THE BOTTOM OF THE SEA A BURIAL-PLACE.
Among the minute shells which have been fished up from the great telegraphic plateau at the bottom of the sea between Newfoundland and Ireland, the microscope has failed to detect a single particle of sand or gravel; and the inference is, that there, if any where, the waters of the sea are at rest. There is not motion enough there to abrade these very delicate organisms, nor current enough to sweep them about and mix them up with a grain of the finest sand, nor the smallest particle of gravel from the loose beds of débris that here and there strew the bottom of the sea. The animalculæ probably do not live or die there. They would have had no light there; and, if they lived there, their frail textures would be subjected in their growth to a pressure upon them of a column of water 12,000 feet high, equal to the weight of 400 atmospheres. They probably live and sport near the surface, where they can feel the genial influence of both light and heat, and are buried in the lichen caves below after death.

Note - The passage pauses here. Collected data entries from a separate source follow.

-- ===== src/FrameAlloc/Init/Bitmaps.antt =====
-- The bitmaps of `zone_add` of mm/frame_alloc.c overlap.
use heaven_os.Prelude.{
  ℕ, zero, suc, ◌+◌, ◌-◌, ◌*◌, ◌/◌, ◌%◌, ◌^◌, ◌≤◌, ◌<◌, ◌≡◌, refl, ap, ap₂, sym, ◌∙◌, arith, ltb,
  ◌==◌, update, some, List, [], ◌∷◌, ◌++◌, length,
}
use heaven_os.Memory.{page_size}
use heaven_os.FrameAlloc.{
  Zone, max_order, max_zone_count, kassert-eq-some, bind-eq-some, push, byte_addr, mask_low, sub64,
}
use heaven_os.FrameAlloc.Geometry.{size, block_in, IsZone, In}
use heaven_os.FrameAlloc.Init.{
  set_bitmaps, link_blocks, empty_zone, order_bitmap_size, bitmap_pages, zone_start, zone_end,
  zone_pages, zone_add,
}

-- The loop leaves the bitmaps of the orders that it has passed.
set_bitmaps-below :
    (left i ptr size reserved : ℕ) (bitmap result : ℕ → ℕ) (j : ℕ)
    → j < i
    → set_bitmaps left i ptr size reserved bitmap ≡ some result
    → result j ≡ bitmap j
unfolding set_bitmaps
set_bitmaps-below zero i ptr size reserved bitmap result j lt e = ground arith
set_bitmaps-below (suc left) i ptr size reserved bitmap result j lt e =
    set_bitmaps-below left (i + 1) ((ptr + size) % 2 ^ 64) size reserved (update bitmap i ptr)
      result j (omega arith) (kassert-eq-some _ e).1
    ∙ ground arith

-- The first two bitmaps are `size` bytes apart.
set_bitmaps-first :
    (left ptr size reserved : ℕ) (bitmap result : ℕ → ℕ)
    → set_bitmaps (suc (suc left)) 0 ptr size reserved bitmap ≡ some result
    → (result 0 ≡ ptr) × (result 1 ≡ (ptr + size) % 2 ^ 64)
unfolding set_bitmaps
set_bitmaps-first left ptr size reserved bitmap result e =
    let next = (ptr + size) % 2 ^ 64 in
    let later = (next + size) % 2 ^ 64 in
    let maps = update (update bitmap 0 ptr) 1 next in
    let one : set_bitmaps (suc left) 1 next size reserved (update bitmap 0 ptr) ≡ some result =
      (kassert-eq-some _ e).1 in
    let two : set_bitmaps left 2 later size reserved maps ≡ some result =
      (kassert-eq-some _ one).1 in
    (
      set_bitmaps-below left 2 later size reserved maps result 0 (omega arith) two,
      set_bitmaps-below left 2 later size reserved maps result 1 (omega arith) two,
    )

-- Linking blocks in changes nothing but the free lists.
link_blocks-fixed :
    (left i : ℕ) (z : Zone)
    → ((link_blocks left i z).bitmap ≡ z.bitmap)
      × ((link_blocks left i z).start_addr ≡ z.start_addr)
      × ((link_blocks left i z).end_addr ≡ z.end_addr)
unfolding link_blocks
link_blocks-fixed zero i z = (refl, refl, refl)
link_blocks-fixed (suc left) i z =
    link_blocks-fixed left (i + 1) (push max_order (z.start_addr + i * 2 ^ max_order * page_size) z)

-- The zone that `zone_add` appends.
unfoldable pub added : ℕ → ℕ → (ℕ → ℕ) → Zone
added addr pages bitmap =
    link_blocks (zone_pages addr pages / 2 ^ max_order) 0 (empty_zone addr pages bitmap)

pub zone_add-added :
    (zones : List Zone) (addr pages : ℕ) {zs : List Zone} {n : ℕ}
    → zone_add zones addr pages ≡ some (zs, n)
    → (bitmap : ℕ → ℕ) × (set_bitmaps max_order 0 addr
          (order_bitmap_size (zone_pages addr pages))
          (bitmap_pages pages)
          (λ _. 0)
        ≡ some bitmap)
      × (zones ++ added addr pages bitmap ∷ [] ≡ zs)
      × (zone_pages addr pages ≡ n)
unfolding added zone_add
zone_add-added zones addr pages e =
    let a = kassert-eq-some (mask_low 12 addr == addr) e in
    let b = kassert-eq-some (ltb (2 ^ max_order) pages) a.1 in
    let c = kassert-eq-some (ltb (length zones) max_zone_count) b.1 in
    let d =
      bind-eq-some
        (set_bitmaps max_order 0 addr (order_bitmap_size (zone_pages addr pages))
          (bitmap_pages pages) (λ _. 0))
        c.1 in
    let (bitmap, runs, ends) = d in (bitmap, runs, cc, cc)

pub append-last : (zones : List Zone) {y z : Zone} → zones ++ y ∷ [] ≡ zones ++ z ∷ [] → y ≡ z
append-last [] e = cc
append-last (x ∷ zones) e = append-last zones cc

-- The fields of the zone that `zone_add` appends.
pub added-fields :
    (addr pages : ℕ) (bitmap : ℕ → ℕ) {z : Zone}
    → added addr pages bitmap ≡ z
    → (bitmap ≡ z.bitmap)
      × (zone_start addr pages ≡ z.start_addr)
      × (zone_end addr pages ≡ z.end_addr)
unfolding added
added-fields addr pages bitmap {z} e =
    let f =
      link_blocks-fixed (zone_pages addr pages / 2 ^ max_order) 0 (empty_zone addr pages bitmap) in
    (
      sym f.0 ∙ ap (λ (z : Zone). z.bitmap) e,
      sym f.1 ∙ ap (λ (z : Zone). z.start_addr) e,
      sym f.2 ∙ ap (λ (z : Zone). z.end_addr) e,
    )

-- A multiple of the highest block size, which is what `ROUNDDOWN` makes.
pub round_down-aligned : (a : ℕ) → (a - a % 0x400000) % size max_order ≡ 0
unfolding size
round_down-aligned a = omega arith

-- The ends of the zone are aligned and fit into 64 bits.
pub added-IsZone :
    (addr pages : ℕ) (bitmap : ℕ → ℕ) {z : Zone}
    → added addr pages bitmap ≡ z
    → IsZone z.start_addr z.end_addr
added-IsZone addr pages bitmap {z} e =
    let (maps, from, to) = added-fields addr pages bitmap e in
    record {
      start_aligned = rw (← from) (round_down-aligned _);
      end_aligned = rw (← to) (round_down-aligned _);
      fits = rw (← to) (omega arith);
    }

-- A byte that stands in the bitmaps of the two lowest orders: it has the bits of a page and of a
-- block of two pages of the zone.
pub record Shared (z : Zone) : Type 0 where
  pub page : ℕ
  pub two_pages : ℕ
  pub page_aligned : page % size 0 ≡ 0
  pub two_pages_aligned : two_pages % size 1 ≡ 0
  pub page_inside : In z.start_addr z.end_addr page
  pub two_pages_inside : In z.start_addr z.end_addr two_pages
  pub same_byte : byte_addr z 0 page ≡ byte_addr z 1 two_pages

-- Two bitmaps as close as the source puts them have a byte in common.
bitmaps_meet :
    (z : Zone) (addr n : ℕ)
    → IsZone z.start_addr z.end_addr
    → z.start_addr < z.end_addr
    → sub64 z.end_addr z.start_addr / page_size ≡ n
    → addr + order_bitmap_size n < 2 ^ 64
    → z.bitmap 0 ≡ addr
    → z.bitmap 1 ≡ (addr + order_bitmap_size n) % 2 ^ 64
    → Shared z
bitmaps_meet z addr n zone lt pages fits first second =
    let s = order_bitmap_size n in
    let big : z.start_addr + size max_order ≤ z.end_addr =
      block_in zone max_order z.start_addr (omega arith) (omega arith, lt) zone.start_aligned in
    let big' : z.start_addr + 0x400000 ≤ z.end_addr = unfold size in big in
    let aligned : z.start_addr % 0x400000 ≡ 0 = unfold size in zone.start_aligned in
    let total : sub64 z.end_addr z.start_addr ≡ z.end_addr - z.start_addr =
      omega (arith, zone.fits) in
    let small : 65536 * s < z.end_addr - z.start_addr = omega arith in
    let a = z.start_addr + 65536 * s in
    let dist : sub64 a z.start_addr ≡ 65536 * s = omega (arith, zone.fits) in
    let one : byte_addr z 0 a ≡ addr + s = rw (first, dist) (omega arith) in
    let none' : sub64 z.start_addr z.start_addr ≡ 0 = omega (arith, zone.fits) in
    let two : byte_addr z 1 z.start_addr ≡ addr + s = rw (second, none') (omega arith) in
    record {
      page = a;
      two_pages = z.start_addr;
      page_aligned = unfold size in omega (arith, aligned);
      two_pages_aligned = unfold size in omega (arith, aligned);
      page_inside = (omega arith, omega arith);
      two_pages_inside = (omega arith, lt);
      same_byte = one ∙ sym two;
    }

-- If `zone_add` returns, and the zone that it appends ends after it starts and the first bitmap ends
-- below 2 ^ 64, then the bitmaps of the two lowest orders share a byte: one byte has the bit of a page
-- and the bit of a block of two pages of the zone.
pub zone_add-overlap :
    (zones : List Zone) (addr pages : ℕ) {z : Zone} {n : ℕ}
    → zone_add zones addr pages ≡ some (zones ++ z ∷ [], n)
    → z.start_addr < z.end_addr
    → addr + order_bitmap_size n < 2 ^ 64
    → Shared z
zone_add-overlap zones addr pages {z} {n} e lt fits =
    let (bitmap, runs, whole, count) = zone_add-added zones addr pages e in
    let same = append-last zones whole in
    let (maps, from, to) = added-fields addr pages bitmap same in
    let pair =
      set_bitmaps-first 8 addr (order_bitmap_size (zone_pages addr pages)) (bitmap_pages pages)
        (λ _. 0) bitmap runs in
    let counted : sub64 z.end_addr z.start_addr / page_size ≡ n =
      ap₂ (λ (t f : ℕ). sub64 t f / page_size) (sym to) (sym from) ∙ count in
    bitmaps_meet z addr n (added-IsZone addr pages bitmap same) lt counted fits
      (ap (λ (b : ℕ → ℕ). b 0) (sym maps) ∙ pair.0)
      (ap (λ (b : ℕ → ℕ). b 1) (sym maps)
        ∙ pair.1
        ∙ ap (λ (p : ℕ). (addr + order_bitmap_size p) % 2 ^ 64) count)
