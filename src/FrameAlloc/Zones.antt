-- ===== src/FrameAlloc/Zones.antt =====
-- mm/frame_alloc.c: `frames_alloc`, `frames_free`, `frame_alloc`, `frame_free` and `pages2order`,
-- which serve a number of frames from the zones.
pub mod Order
pub mod Serve
use heaven_os.Prelude.{
  ℕ, zero, suc, ◌+◌, ◌-◌, ◌*◌, ◌/◌, ◌%◌, ◌^◌, ◌≤◌, ◌<◌, ◌≡◌, ◌⊎◌, inl, inr, refl, arith, Bool, true,
  false, ltb, leb, ◌&&◌, if◌then◌else◌, Bool-cases, Option, none, some, List, [], ◌∷◌,
}
use heaven_os.Memory.{Bytes}
use heaven_os.FrameAlloc.{Zone, max_order, kassert, ◌>>=◌, ◌>>◌, zone_alloc, zone_dealloc}

-- The loop of `pages2order` from an order on, with `left` turns to go.
pub order_from : ℕ → ℕ → ℕ → Option ℕ
order_from zero order pages = none
order_from (suc left) order pages =
    let rest = order_from left (order + 1) pages in
    if ltb (2 ^ order) pages then rest else some order

-- The loop ends within eleven turns for the numbers of pages that the assertion lets through.
pub pages2order : ℕ → Option ℕ
pages2order pages = do kassert (leb pages (2 ^ max_order)); order_from (max_order + 1) 0 pages

-- The loop of `frames_alloc` over the zones.
pub alloc_from : List Zone → ℕ → Bytes → Option (Option ℕ × List Zone × Bytes)
alloc_from [] order m = some (none, [], m)
alloc_from (zone ∷ zones) order m = do
  (block, zone, m) ← zone_alloc zone order m
  elim block [
    | some b ↦ some (some b, zone ∷ zones, m)
    | none ↦ do (block, zones, m) ← alloc_from zones order m; some (block, zone ∷ zones, m)
  ]

pub frames_alloc : List Zone → ℕ → Bytes → Option (Option ℕ × List Zone × Bytes)
frames_alloc zones n m = do order ← pages2order n; alloc_from zones order m

-- The loop of `frames_free` over the zones; an address of no zone is a panic.
abbrev pub free_to : List Zone → ℕ → ℕ → Bytes → Option (List Zone × Bytes)
free_to [] addr order m = none
free_to (zone ∷ zones) addr order m =
    if leb zone.start_addr addr && ltb addr zone.end_addr
    then (do (zone, m) ← zone_dealloc zone addr order m; some (zone ∷ zones, m))
    else (do (zones, m) ← free_to zones addr order m; some (zone ∷ zones, m))

abbrev pub frames_free : List Zone → ℕ → ℕ → Bytes → Option (List Zone × Bytes)
frames_free zones addr n m = do order ← pages2order n; free_to zones addr order m

abbrev pub frame_alloc : List Zone → Bytes → Option (Option ℕ × List Zone × Bytes)
frame_alloc zones m = frames_alloc zones 1 m

abbrev pub frame_free : List Zone → ℕ → Bytes → Option (List Zone × Bytes)
frame_free zones addr m = frames_free zones addr 1 m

It is now suggested, that henceforward we should view the surface of the sea as a nursery teeming with nascent organisms, and its depths as the cemetery for families of living creatures that outnumber the sands on the sea-shore for multitude.
Where there is a nursery, hard by there will be found also a graveyard,—such is the condition of the animal world. But it never occurred to us before to consider the surface of the sea as one wide nursery, its every ripple as a cradle, and its bottom one vast burial-place.—Lieut. Maury.